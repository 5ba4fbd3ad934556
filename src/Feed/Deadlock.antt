-- ===== src/Feed/Deadlock.antt =====
-- A consumer of SP_HW10 that is killed with the semaphore.
use sp_hw.Base.{
  ℕ, suc, ◌≡◌, refl, sym, ap, subst, ◌∙◌, Bool, true, false, inl, inr, Option, none, Bytes, update,
  update_same, update_other, OthersOutside, update-OthersOutside, update_outside, true_not_false,
  ◌==◌, ==_iff, Bool-cases,
}
use sp_hw.Feed.{Rows}
use sp_hw.Feed.Closing.{
  Place, idle, wanting, killed_inside, Producer, killing, Closing, closing, kill, Next, pass_over,
  compare_row, grab, count, release, strike, take, post, Run, here, next, initial,
}
use sp_hw.Feed.Semaphore.{is_inside, Inv, nobody, different, others_of, struck, Next-Inv}

abbrev pub is_killing : Producer → Bool
is_killing (killing i) = true
is_killing _ = false

-- A consumer has been killed with the semaphore.
pub record IsStuck (places : ℕ → Place) (free : Bool) (p : Producer) (j : ℕ) : Type 0 where
  pub lost : places j ≡ killed_inside
  pub others : OthersOutside is_inside places j
  pub taken : free ≡ false
  pub in_loop : is_killing p ≡ true

abbrev pub Stuck : Closing → ℕ → Type 0
Stuck (closing places free p cnt) j = IsStuck places free p j

-- Another consumer takes a place outside.
update-IsStuck :
    {places : ℕ → Place} {free : Bool} {p : Producer} (j i : ℕ) (c : Place)
    → is_inside (places i) ≡ false
    → is_inside c ≡ false
    → IsStuck places free p j
    → IsStuck (update i c places) free p j
update-IsStuck {places = places} j i c o d k = record {
  lost = update_other i c places j (different places j i (ap is_inside k.lost) o) ∙ k.lost;
  others = λ m n. update_outside is_inside i c places d m (k.others m n);
  taken = k.taken;
  in_loop = k.in_loop;
}

-- Where else a consumer is inside, there is none.
lost_there :
    {places : ℕ → Place} {free : Bool} {p : Producer} (j i : ℕ)
    → is_inside (places i) ≡ true
    → IsStuck places free p j
    → (i ≡ j) × (places i ≡ killed_inside)
lost_there {places = places} j i e k = elim (Bool-cases (i == j)) [
  | inl y ↦ let x = (==_iff i j).0 y in (x, ap places x ∙ k.lost)
  | inr n ↦ absurd (true_not_false e (k.others i (λ x. true_not_false ((==_iff i j).1 x) n)))
]

kill_inside : {c : Place} → c ≡ killed_inside → kill c ≡ killed_inside
unfolding kill
kill_inside e = ap kill e

strike-IsStuck :
    (places : ℕ → Place) (free : Bool) (i j : ℕ)
    → IsStuck places free (killing i) j
    → IsStuck (update i (kill (places i)) places) free (killing (suc i)) j
strike-IsStuck places free i j k = elim (Bool-cases (is_inside (places i))) [
  | inl e ↦
      let (x, y) = lost_there j i e k in
      subst (IsStuck (update i (kill (places i)) places) free (killing (suc i))) x record {
        lost = update_same i (kill (places i)) places ∙ kill_inside y;
        others =
            update-OthersOutside is_inside i (kill (places i)) places
              (subst (OthersOutside is_inside places) (sym x) k.others);
        taken = k.taken;
        in_loop = refl;
      }
  | inr o ↦ in_next (update-IsStuck j i (kill (places i)) o (struck (places i) ∙ o) k)
]
  where
    in_next :
        {others : ℕ → Place}
        → IsStuck others free (killing i) j
        → IsStuck others free (killing (suc i)) j
    in_next s = record { lost = s.lost; others = s.others; taken = s.taken; in_loop = refl }

module _ {decimal : ℕ → Bytes} {buffer_row : ℕ} {rows : Rows} {consumer_amount : ℕ} where
  Next-Stuck :
      {s t : Closing} (j : ℕ)
      → Next decimal buffer_row rows consumer_amount s t
      → Stuck s j
      → Stuck t j
  Next-Stuck j (pass_over i e x) k = update-IsStuck j i (idle none) (ap is_inside e) refl k
  Next-Stuck j (compare_row i e x) k = update-IsStuck j i wanting (ap is_inside e) refl k
  Next-Stuck j (grab i e) k = absurd (cc k.taken)
  Next-Stuck j (count i e) k = absurd (cc (e, (lost_there j i (ap is_inside e) k).1))
  Next-Stuck j (release i e) k = absurd (cc (e, (lost_there j i (ap is_inside e) k).1))
  Next-Stuck j (strike {places = places} {free = free} {i = i} l) k =
      strike-IsStuck places free i j k
  Next-Stuck j (take e) k = absurd (cc k.taken)
  Next-Stuck j post k = absurd (cc k.in_loop)

  Run-Stuck :
      {s t : Closing} (j : ℕ)
      → Run decimal buffer_row rows consumer_amount s t
      → Stuck s j
      → Stuck t j
  Run-Stuck j here k = k
  Run-Stuck j (next r x) k = Next-Stuck j x (Run-Stuck j r k)

  Run-Inv :
      {pending : ℕ → Option ℕ} {cnt : ℕ} {t : Closing}
      → Run decimal buffer_row rows consumer_amount (initial pending cnt) t
      → Inv t
  Run-Inv here = nobody (λ j. refl) refl refl
  Run-Inv (next r x) = Next-Inv x (Run-Inv r)

abbrev pub producer_of : Closing → Producer
producer_of (closing places free p cnt) = p

killing_of : (t : Closing) (j : ℕ) → Stuck t j → is_killing (producer_of t) ≡ true
killing_of (closing places free p cnt) j k = k.in_loop

-- Where a consumer has been killed between its `sem_wait` and its `sem_post`, the producer never comes to
-- print the count, whatever the other consumers do.
pub Run-killing :
    (decimal : ℕ → Bytes) (buffer_row : ℕ) (rows : Rows) (consumer_amount : ℕ)
    (pending : ℕ → Option ℕ) (start : ℕ) (places : ℕ → Place) (free : Bool) (i cnt j : ℕ)
    (t : Closing)
    → Run decimal buffer_row rows consumer_amount
        (initial pending start)
        (closing places free (killing i) cnt)
    → places j ≡ killed_inside
    → Run decimal buffer_row rows consumer_amount (closing places free (killing i) cnt) t
    → is_killing (producer_of t) ≡ true
Run-killing decimal buffer_row rows consumer_amount pending start places free i cnt j t r e later =
    let o = others_of j (ap is_inside e) (Run-Inv r) in
    killing_of t j
      (Run-Stuck j later record { lost = e; others = o.0; taken = o.1; in_loop = refl })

PROBLEM REQUIREMENTS: Repeat exactly the lines of the records from the one containing "-- Where a consumer" to the last, and include no line outside that stretch.

ANSWER FOR THIS EXERCISE:
-- Where a consumer has been killed between its `sem_wait` and its `sem_post`, the producer never comes to
-- print the count, whatever the other consumers do.
pub Run-killing :
    (decimal : ℕ → Bytes) (buffer_row : ℕ) (rows : Rows) (consumer_amount : ℕ)
    (pending : ℕ → Option ℕ) (start : ℕ) (places : ℕ → Place) (free : Bool) (i cnt j : ℕ)
    (t : Closing)
    → Run decimal buffer_row rows consumer_amount
        (initial pending start)
        (closing places free (killing i) cnt)
    → places j ≡ killed_inside
    → Run decimal buffer_row rows consumer_amount (closing places free (killing i) cnt) t
    → is_killing (producer_of t) ≡ true
Run-killing decimal buffer_row rows consumer_amount pending start places free i cnt j t r e later =
    let o = others_of j (ap is_inside e) (Run-Inv r) in
    killing_of t j
      (Run-Stuck j later record { lost = e; others = o.0; taken = o.1; in_loop = refl })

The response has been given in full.